BIG DATA NOTES

AVAILABILITY AND FAULT TOLERANCE 

High Availability Among hundreds of servers in a GFS cluster, some are bound to be unavailable at any given time. We keep the overall system highly available with two simple yet effective strategies: fast recovery and replication.

Fast Recovery 

Both the master and the chunkserver are designed to restore their state and start in seconds no matter how they terminated. In fact, we do not distinguish between normal and abnormal termination; servers are routinely shut down just by killing the process. Clients and other servers experience a minor hiccup as they time out on their outstanding requests, reconnect to the restarted server, and retry.

Chunk Replication 

As discussed earlier, each chunk is replicated on multiple chunkservers on different racks. Users can specify different replication levels for different parts of the file namespace. The default is three. The master clones existing replicas as needed to keep each chunk fully replicated as chunkservers go offline or detect corrupted replicas through checksum verification.

Master Replication

The master state is replicated for reliability. Its operation log and checkpoints are replicated on multiple machines. A mutation to the state is considered committed only after its log record has been flushed to disk locally and on all master replicas. For simplicity, one master process remains in charge of all mutations as well as background activities such as garbage collection that change the system internally. When it fails, it can restart almost instantly. If its machine or disk fails, monitoring infrastructure outside GFS starts a new master process elsewhere with the replicated operation log. Clients use only the canonical name of the master (e.g. gfs-test), which is a DNS alias that can be changed if the master is relocated to another machine. 

Moreover, “shadow” masters provide read-only access to the file system even when the primary master is down.

Data Integrity 

Each chunkserver uses checksumming to detect corruption of stored data. Given that a GFS cluster often has thousands of disks on hundreds of machines, it regularly experiences disk failures that cause data corruption or loss on both the read and write paths.

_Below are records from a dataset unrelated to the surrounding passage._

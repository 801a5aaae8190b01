-- ===== src/Discovery/Ranks.antt =====
-- internal/discovery/discovery.go: outranks is a strict order of announcements.
use m_aistr.Prelude.{◌≡◌, ap, ◌∙◌, arith, true, false, Bool-cases, inl, inr}
use m_aistr.Prelude.Text.{str_lt}
use m_aistr.Prelude.Order.{str_lt_asymm, str_lt_total, str_lt_trans}
use m_aistr.Discovery.{Announcement, outranks}

pub outranks_asymm : (a b : Announcement) → outranks a b ≡ true → outranks b a ≡ false
unfolding outranks
outranks_asymm a b h = ground (arith, h, str_lt_asymm a.id b.id)

pub outranks_trans :
    (a b c : Announcement) → outranks a b ≡ true → outranks b c ≡ true → outranks a c ≡ true
unfolding outranks
outranks_trans a b c h k = ground (arith, h, k, str_lt_trans a.id b.id c.id)

pub outranks_total :
    (a b : Announcement) → outranks a b ≡ false → outranks b a ≡ false → a.id ≡ b.id
unfolding outranks
outranks_total a b h k = str_lt_total a.id b.id (ground (arith, h, k)) (ground (arith, h, k))

same_rank :
    (a b c : Announcement)
    → outranks a b ≡ false
    → outranks b a ≡ false
    → outranks a c ≡ outranks b c
unfolding outranks
same_rank a b c h k =
    let same : a.id ≡ b.id = str_lt_total a.id b.id (ground (arith, h, k)) (ground (arith, h, k)) in
    ground (arith, h, k, ap (λ z. str_lt z c.id) same)

pub not_outranks_trans :
    (a b c : Announcement) → outranks a b ≡ false → outranks b c ≡ false → outranks a c ≡ false
not_outranks_trans a b c h k = elim (Bool-cases (outranks b a)) [
  | inl above ↦ ground (arith, k, above, outranks_trans b a c)
  | inr level ↦ same_rank a b c h level ∙ k
]

pub not_outranks_self : (a : Announcement) → outranks a a ≡ false
not_outranks_self a = ground (arith, outranks_asymm a a)
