-- ===== src/Discovery/Election.antt =====
-- internal/discovery/discovery.go: of the orchestrators that hear of each other, one is elected.
use m_aistr.Prelude.{
  ltb, ◌≡◌, refl, sym, ap, ◌∙◌, subst, arith, String, str_eq, eq_iff, Bool, true, false, ◌&&◌, ◌⊎◌,
  if_elim, List, [], ◌∷◌, any, select, length, All, ◌≢◌, if◌then◌else◌, Bool-cases, inl, inr,
}
use m_aistr.Discovery.{
  Announcement, Peer, outranks, is_orchestrator, may_lead, best_orchestrator_candidate,
  is_best_orchestrator_candidate, is_elected_orchestrator,
}
use m_aistr.Discovery.Ranks.{
  outranks_asymm, outranks_trans, outranks_total, not_outranks_trans, not_outranks_self,
}

-- No peer of the list that may lead outranks the announcement.
abbrev pub Unbeaten : Announcement → List Peer → Type 0
Unbeaten a peers = All (λ p. (may_lead p && outranks p.announcement a) ≡ false) peers

-- No peer of the list has the id of the announcement.
abbrev pub Foreign : Announcement → List Peer → Type 0
Foreign a peers = All (λ p. str_eq p.announcement.id a.id ≡ false) peers

-- The list has a peer with just this announcement.
abbrev pub Hears : List Peer → Announcement → Type 0
Hears [] b = ⊥
Hears (p ∷ ps) b = (p.announcement ≡ b) ⊎ Hears ps b

Unbeaten-best :
    (best : Announcement) (peers : List Peer)
    → Unbeaten best peers
    → best_orchestrator_candidate best peers ≡ best
unfolding best_orchestrator_candidate
Unbeaten-best best [] u = refl
Unbeaten-best best (p ∷ ps) (h, u) = ground (arith, h, Unbeaten-best best ps u)

-- An announcement of the list that outranks the first best.
abbrev Better : Announcement → List Peer → Announcement → Type 0
Better best peers r =
    (outranks r best ≡ true) × (any (λ p. str_eq p.announcement.id r.id) peers ≡ true)

best_cases :
    (best : Announcement) (peers : List Peer)
    → Unbeaten best peers ⊎ Better best peers (best_orchestrator_candidate best peers)
unfolding best_orchestrator_candidate
best_cases best [] = inl tt
best_cases best (p ∷ ps) = elim (Bool-cases (may_lead p && outranks p.announcement best)) [
  | inl better ↦
      let e : best_orchestrator_candidate best (p ∷ ps)
          ≡ best_orchestrator_candidate p.announcement ps =
        ground (arith, better) in
      let o : outranks p.announcement best ≡ true = ground (arith, better) in
      elim (best_cases p.announcement ps) [
        | inl u ↦ inr (
            subst (Better best (p ∷ ps)) (sym (e ∙ Unbeaten-best p.announcement ps u))
              (o, ground (arith, eq_iff p.announcement.id p.announcement.id)))
        | inr (o', m) ↦ inr (
            subst (Better best (p ∷ ps)) (sym e) (
              outranks_trans (best_orchestrator_candidate p.announcement ps) p.announcement best o'
                  o,
              ground (arith, m),
            ))
      ]
  | inr worse ↦
      let e : best_orchestrator_candidate best (p ∷ ps) ≡ best_orchestrator_candidate best ps =
        ground (arith, worse) in
      elim (best_cases best ps) [
        | inl u ↦ inl (worse, u)
        | inr (o, m) ↦ inr (subst (Better best (p ∷ ps)) (sym e) (o, ground (arith, m)))
      ]
]

Foreign-none :
    (a : Announcement) (peers : List Peer) (id : String)
    → Foreign a peers
    → id ≡ a.id
    → any (λ p. str_eq p.announcement.id id) peers ≡ false
Foreign-none a [] id f e = refl
Foreign-none a (p ∷ ps) id (h, f) e =
    let here : str_eq p.announcement.id id ≡ false = ap (str_eq p.announcement.id) e ∙ h in
    ground (arith, here, Foreign-none a ps id f e)

is_best-Unbeaten :
    (a : Announcement) (peers : List Peer)
    → Foreign a peers
    → is_best_orchestrator_candidate a peers ≡ true
    → Unbeaten a peers
unfolding is_best_orchestrator_candidate
is_best-Unbeaten a peers f h = elim (best_cases a peers) [
  | inl u ↦ u
  | inr (o, m) ↦
      let same = (eq_iff (best_orchestrator_candidate a peers).id a.id).0 h in
      let none = Foreign-none a peers (best_orchestrator_candidate a peers).id f same in absurd (cc)
]

Foreign-active :
    (a : Announcement) (peers : List Peer)
    → Foreign a peers
    → Foreign a (select is_orchestrator peers)
Foreign-active a [] f = tt
Foreign-active a (p ∷ ps) (h, f) =
    if_elim {A = List Peer} (Foreign a) (is_orchestrator p) (λ _. (h, Foreign-active a ps f))
      (λ _. Foreign-active a ps f)

-- An elected orchestrator is outranked by no orchestrator that it hears of.
elected-Unbeaten :
    (a : Announcement) (peers : List Peer)
    → Foreign a peers
    → is_elected_orchestrator a peers ≡ true
    → Unbeaten a (select is_orchestrator peers)
unfolding is_elected_orchestrator
elected-Unbeaten a peers f h = go (select is_orchestrator peers) (Foreign-active a peers f) h
  where
    go :
        (active : List Peer)
        → Foreign a active
        → (if ltb 0 (length active)
            then is_best_orchestrator_candidate a active
            else if str_eq a.role "orchestrator"
            then true
            else is_best_orchestrator_candidate a peers)
          ≡ true
        → Unbeaten a active
    go [] g e = tt
    go (p ∷ ps) g e = is_best-Unbeaten a (p ∷ ps) g (ground (arith, e))

-- What that says of each peer.
abbrev Outdone : Announcement → List Peer → Type 0
Outdone a peers = All (λ p. (is_orchestrator p && outranks p.announcement a) ≡ false) peers

selected-Outdone :
    (a : Announcement) (peers : List Peer)
    → Unbeaten a (select is_orchestrator peers)
    → Outdone a peers
selected-Outdone a [] u = tt
selected-Outdone a (p ∷ ps) u = go (is_orchestrator p) refl u (λ v. selected-Outdone a ps v)
  where
    go :
        (b : Bool)
        → is_orchestrator p ≡ b
        → Unbeaten a (if b then p ∷ select is_orchestrator ps else select is_orchestrator ps)
        → (Unbeaten a (select is_orchestrator ps) → Outdone a ps)
        → Outdone a (p ∷ ps)
    go true e (h, v) rest = (ground (arith, e, h), rest v)
    go false e v rest = (ground (arith, e), rest v)

heard-not_outranked :
    (a b : Announcement) (peers : List Peer)
    → Hears peers b
    → b.role ≡ "orchestrator"
    → Outdone a peers
    → outranks b a ≡ false
heard-not_outranked a b [] h r u = elim h [ ]
heard-not_outranked a b (p ∷ ps) (inl e) r (here, u) =
    let role : str_eq p.announcement.role "orchestrator" ≡ true =
      (eq_iff p.announcement.role "orchestrator").1 (ap (λ z. z.role) e ∙ r) in
    sym (ap (λ z. outranks z a) e) ∙ ground (arith, here, role)
heard-not_outranked a b (p ∷ ps) (inr h) r (here, u) = heard-not_outranked a b ps h r u

heard-Foreign :
    (a b : Announcement) (peers : List Peer) → Hears peers b → Foreign a peers → b.id ≢ a.id
heard-Foreign a b [] h f e = elim h [ ]
heard-Foreign a b (p ∷ ps) (inl q) (here, f) e =
    let same : str_eq p.announcement.id a.id ≡ true =
      (eq_iff p.announcement.id a.id).1 (ap (λ z. z.id) q ∙ e) in
    cc
heard-Foreign a b (p ∷ ps) (inr h) (here, f) e = heard-Foreign a b ps h f e

-- Of two orchestrators that hear each other's announcements, and no announcement under their own
-- ids, one at most is elected, whatever else they hear.
pub elected_at_most_one :
    (a b : Announcement) (peers_a peers_b : List Peer)
    → (a.role ≡ "orchestrator") × (b.role ≡ "orchestrator")
    → Foreign a peers_a × Hears peers_a b
    → Foreign b peers_b × Hears peers_b a
    → is_elected_orchestrator a peers_a ≡ true
    → is_elected_orchestrator b peers_b ≡ false
elected_at_most_one a b peers_a peers_b (role_a, role_b) (fa, hb) (fb, ha) elected =
    elim (Bool-cases (is_elected_orchestrator b peers_b)) [
      | inr no_b ↦ no_b
      | inl both ↦
          let ab =
            heard-not_outranked a b peers_a hb role_b
              (selected-Outdone a peers_a (elected-Unbeaten a peers_a fa elected)) in
          let ba =
            heard-not_outranked b a peers_b ha role_a
              (selected-Outdone b peers_b (elected-Unbeaten b peers_b fb both)) in
          absurd (heard-Foreign a b peers_a hb fa (outranks_total b a ab ba))
    ]

-- Conversely an orchestrator that none outranks of those that it hears of is elected.
best_stays :
    (a : Announcement) (peers : List Peer)
    → Unbeaten a peers
    → is_best_orchestrator_candidate a peers ≡ true
unfolding is_best_orchestrator_candidate
best_stays a peers u =
    (eq_iff (best_orchestrator_candidate a peers).id a.id).1
      (ap (λ z. z.id) (Unbeaten-best a peers u))

Unbeaten-elected :
    (a : Announcement) (peers : List Peer)
    → a.role ≡ "orchestrator"
    → Unbeaten a (select is_orchestrator peers)
    → is_elected_orchestrator a peers ≡ true
unfolding is_elected_orchestrator
Unbeaten-elected a peers r u =
    ground
      (arith, best_stays a (select is_orchestrator peers) u, (eq_iff a.role "orchestrator").1 r)

-- Members of a group, and what they hear of the group.
abbrev IsMember : Announcement → List Announcement → Type 0
IsMember a [] = ⊥
IsMember a (b ∷ group) = (a ≡ b) ⊎ IsMember a group

highest :
    (a : Announcement) (group : List Announcement)
    → (m : Announcement) × IsMember m (a ∷ group)
      × ((b : Announcement) → IsMember b (a ∷ group) → outranks b m ≡ false)
highest a [] = (
  a,
  inl refl,
  λ b m. elim m [
    | inl e ↦ ap (λ z. outranks z a) e ∙ not_outranks_self a
    | inr none_left ↦ elim none_left [ ]
  ],
)
highest a (b ∷ group) =
    let (m, in_group, top) = highest b group in
    elim (Bool-cases (outranks m a)) [
      | inl above ↦ (
        m,
        inr in_group,
        λ c k. elim k [
          | inl e ↦ ap (λ z. outranks z m) e ∙ outranks_asymm m a above
          | inr k' ↦ top c k'
        ],
      )
      | inr below ↦ (
        a,
        inl refl,
        λ c k. elim k [
          | inl e ↦ ap (λ z. outranks z a) e ∙ not_outranks_self a
          | inr k' ↦ not_outranks_trans c m a (top c k') below
        ],
      )
    ]

topped :
    (m : Announcement) (group : List Announcement) (peers : List Peer)
    → ((b : Announcement) → IsMember b group → outranks b m ≡ false)
    → All (λ p. IsMember p.announcement group) peers
    → Unbeaten m (select is_orchestrator peers)
topped m group [] top h = tt
topped m group (p ∷ ps) top (here, h) =
    if_elim {A = List Peer} (Unbeaten m) (is_orchestrator p)
      (λ _. (ground (arith, top p.announcement here), topped m group ps top h))
      (λ _. topped m group ps top h)

IsMember-role :
    (m : Announcement) (group : List Announcement)
    → All (λ a. a.role ≡ "orchestrator") group
    → IsMember m group
    → m.role ≡ "orchestrator"
IsMember-role m [] r h = elim h [ ]
IsMember-role m (a ∷ group) (here, r) (inl e) = ap (λ z. z.role) e ∙ here
IsMember-role m (a ∷ group) (here, r) (inr h) = IsMember-role m group r h

-- Of a group of orchestrators one is elected whatever it hears of the group.
one_elected :
    (a : Announcement) (group : List Announcement)
    → All (λ b. b.role ≡ "orchestrator") (a ∷ group)
    → (m : Announcement) × IsMember m (a ∷ group)
      × ((peers : List Peer)
          → All (λ p. IsMember p.announcement (a ∷ group)) peers
          → is_elected_orchestrator m peers ≡ true)
one_elected a group roles =
    let (m, in_group, top) = highest a group in
    (
      m,
      in_group,
      λ peers h.
          Unbeaten-elected m peers (IsMember-role m (a ∷ group) roles in_group)
            (topped m (a ∷ group) peers top h),
    )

We can recover from corruption using other chunk replicas, but it would be impractical to detect corruption by comparing replicas across chunkservers.

A chunk is broken up into 64 KB blocks. Each has a corresponding 32 bit checksum. Like other metadata, checksums are kept in memory and stored persistently with logging, separate from user data. For reads, the chunkserver verifies the checksum of data blocks that overlap the read range before returning any data to the requester, whether a client or another chunkserver.